Better Pre-Processing for Higher Accuracy
Selection of Features
Resolution of Most Confusing Characters
Research Related to Word Recognition
Coordination Among Researchers
Research Related to Handwritten Word Spotting
Classiﬁer Combinations
Script Speciﬁc Observations
Access to Research Materials
Reliability Measure of the System

Thus, the preprocessing of the character image is an important step before the feature extraction and classification step. A review shows that the histogram of the directional elements, of both local contour and gradient, is widely used for character recognition. For example, using script-based functions will certainly increase the accuracy of the OHR system.

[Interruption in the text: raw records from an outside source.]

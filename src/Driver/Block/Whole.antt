-- ===== src/Driver/Block/Whole.antt =====
-- The loop of main() in src/main.cpp that fills a file, the record that is added to one of the pages, and
-- what both leave on disk.
use hit_database_exp3p2_cpp.Base.{ℕ, ◌+◌, ◌≤◌, ◌<◌, ◌^◌, ◌==◌, List, [], ◌∷◌, length, if◌then◌else◌}
use hit_database_exp3p2_cpp.Page.{Page}
use hit_database_exp3p2_cpp.File.Stream.{File}
use hit_database_exp3p2_cpp.File.Reached.{Pages, Reached}

module _ (f0 : File) (us : List ℕ) (m0 : Pages) (before : Reached f0 us [] m0) (r w : List ℕ)
    (rounds third fuel : ℕ) (some_first : 0 < length r) (some_added : 0 < length w)
    (fits : length r + length w + 12 ≤ 8176) (in_range : third < rounds)
    (room : f0.file_header.num_pages + rounds < 2 ^ 32) (enough : length us + rounds ≤ fuel) where
  abbrev top : ℕ
  top = f0.file_header.num_pages

  -- The records of a new page at the end.
  abbrev left : ℕ → List (List ℕ)
  left n = if n == top + third then r ∷ w ∷ [] else r ∷ []
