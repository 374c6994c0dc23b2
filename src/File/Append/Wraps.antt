-- ===== src/File/Append/Wraps.antt =====
-- allocatePage in a file with all the page numbers that 32 bits allow (src/file.cpp).
use hit_database_exp3p2_cpp.Base.{
  ℕ, ◌+◌, ◌≤◌, ◌≡◌, ◌^◌, ◌%◌, refl, subst, ◌∙◌, ap, List, [], ◌∷◌, ◌++◌, arith, length, true,
  le→ltb,
}
use hit_database_exp3p2_cpp.Result.{ok, throws}
use hit_database_exp3p2_cpp.Result.Exceptions.{invalid_page}
use hit_database_exp3p2_cpp.Page.{Page, page_number}
use hit_database_exp3p2_cpp.File.{allocate_page, read_page, Allocation}
use hit_database_exp3p2_cpp.File.Stream.{File, fetch}
use hit_database_exp3p2_cpp.File.Access.{read_header_lem}
use hit_database_exp3p2_cpp.File.Allocate.{written, written-good}
use hit_database_exp3p2_cpp.File.Links.{Links, IsFile, own}
use hit_database_exp3p2_cpp.File.Relink.{Links-at, Links-pos, snoc, length-snoc}
use hit_database_exp3p2_cpp.File.Append.Lists.{
  new_page, first, behind, append_empty, append_tail, to_append,
}

module _ (f : File) (used : List ℕ) (is : IsFile f used []) where
  -- What allocatePage writes and returns, whatever the number of pages.
  abbrev Lengthens : ℕ → Type 0
  Lengthens fuel =
      (a : Allocation) × (allocate_page fuel f
        ≡ (ok a.new_page, record (written f a) { file_header = a.header }))
      × (a.new_page ≡ new_page f used is)
      × (a.header.num_pages ≡ (f.file_header.num_pages + 1) % 2 ^ 32)

  behind_last :
      (fuel : ℕ) (xs : List ℕ) (y : ℕ) → used ≡ xs ++ y ∷ [] → length used ≤ fuel → Lengthens fuel
  behind_last fuel xs y split enough =
      let top = f.file_header.num_pages in
      let start = f.file_header.first_used_page in
      let links = subst (λ us. Links (fetch f) own top start us) split is.used_links in
      let (pos, below, p, here, num, last) = Links-at (fetch f) own top start xs y [] links in
      let lens = ap (λ (us : List ℕ). length us) split in
      let more = length-snoc xs y in
      let some_used = Links-pos (fetch f) own top start xs y [] links in
      (
        behind f used is p,
        to_append f used is fuel (behind f used is p)
            (append_tail f used is fuel xs y p links here num last pos (omega arith) (omega arith)),
        refl,
        refl,
      )

  either_way : (fuel : ℕ) (us : List ℕ) → used ≡ us → length used ≤ fuel → Lengthens fuel
  either_way fuel [] e enough = (
    first f used is,
    to_append f used is fuel (first f used is) (
        append_empty f used is fuel (
          subst (λ us. Links (fetch f) own f.file_header.num_pages f.file_header.first_used_page us)
            e is.used_links)),
    refl,
    refl,
  )
  either_way fuel (x ∷ xs) e enough =
      let (ys, y, split) = snoc x xs in behind_last fuel ys y (e ∙ split) enough

read_page_beyond :
    (f : File) (n : ℕ)
    → f.good ≡ true
    → f.file_header.num_pages ≡ 0
    → read_page n f ≡ (throws (invalid_page (record { page_number = n; filename = f.filename })), f)
unfolding read_page
read_page_beyond f n good none_counted =
    rw (read_header_lem f good, le→ltb n f.file_header.num_pages (omega arith)) refl

-- In a well-formed file without a free page whose next page number is the largest of 32 bits,
-- allocatePage returns a page with that number, and the file header then counts no page: readPage of
-- every number throws InvalidPageException. Fuel for each used page is enough.
pub allocate_page_wraps :
    (fuel : ℕ) (f : File) (used : List ℕ) (n : ℕ)
    → IsFile f used []
    → f.file_header.num_pages + 1 ≡ 2 ^ 32
    → length used ≤ fuel
    → (p : Page) × (f' : File) × (allocate_page fuel f ≡ (ok p, f'))
      × (page_number p ≡ f.file_header.num_pages)
      × (f'.file_header.num_pages ≡ 0)
      × (read_page n f'
          ≡ (throws (invalid_page (record { page_number = n; filename = f'.filename })), f'))
allocate_page_wraps fuel f used n is full enough =
    let (a, run, page, count) = either_way f used is fuel used refl enough in
    let f' = record (written f a) { file_header = a.header } in
    let wrapped : a.header.num_pages ≡ 0 = omega arith in
    (
      a.new_page,
      f',
      run,
      ap (λ (q : Page). page_number q) page,
      wrapped,
      read_page_beyond f' n (written-good f is.good a) wrapped,
    )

Also, combining multiple classifiers considering complementary features can significantly improve the reliability of the recognition system and this should be studied for Indian regional scripts. Due to different people's writing styles, Stoke-based functions may not produce good results. Generally, these character pairs or triplets have a very small distinguishing feature, as we can see in the printed version of the characters.

Many of the researchers conduct short-term research as part of their academic program. Many of the ancient and historical achievements are written by hand and such techniques will certainly be useful to historians and language students. Many of the works associated with the regional OHR script are not available online for evaluation, as many researchers prefer to publish their works at local conferences and workshops.

Most authors working on the OHR Indic script have not provided any indication of the reliability of their systems.

CONCLUSIONS

This article presents a review of research related to offline recognition of handwritten characters of Indian regional scripts. On Handwritten Bangla Character Recognition, InProceedings of the Indian Conference on Computer Vision, Graphics and Image Processing (ICVGIP'06). In Proceedings of the Conference of the Institute for Computer Science, Social Informatics and Telecommunication Engineering (ICST'08).

Proceedings of the 2nd International Conference on Emerging Trends in Engineering and Technology (ICETET'09). A broken Bangla number merging and recognition system for Indian postal automation, Indian Proceedings of Conference on Computer Vision, Graphics and Image Processing (ICVGIP'04).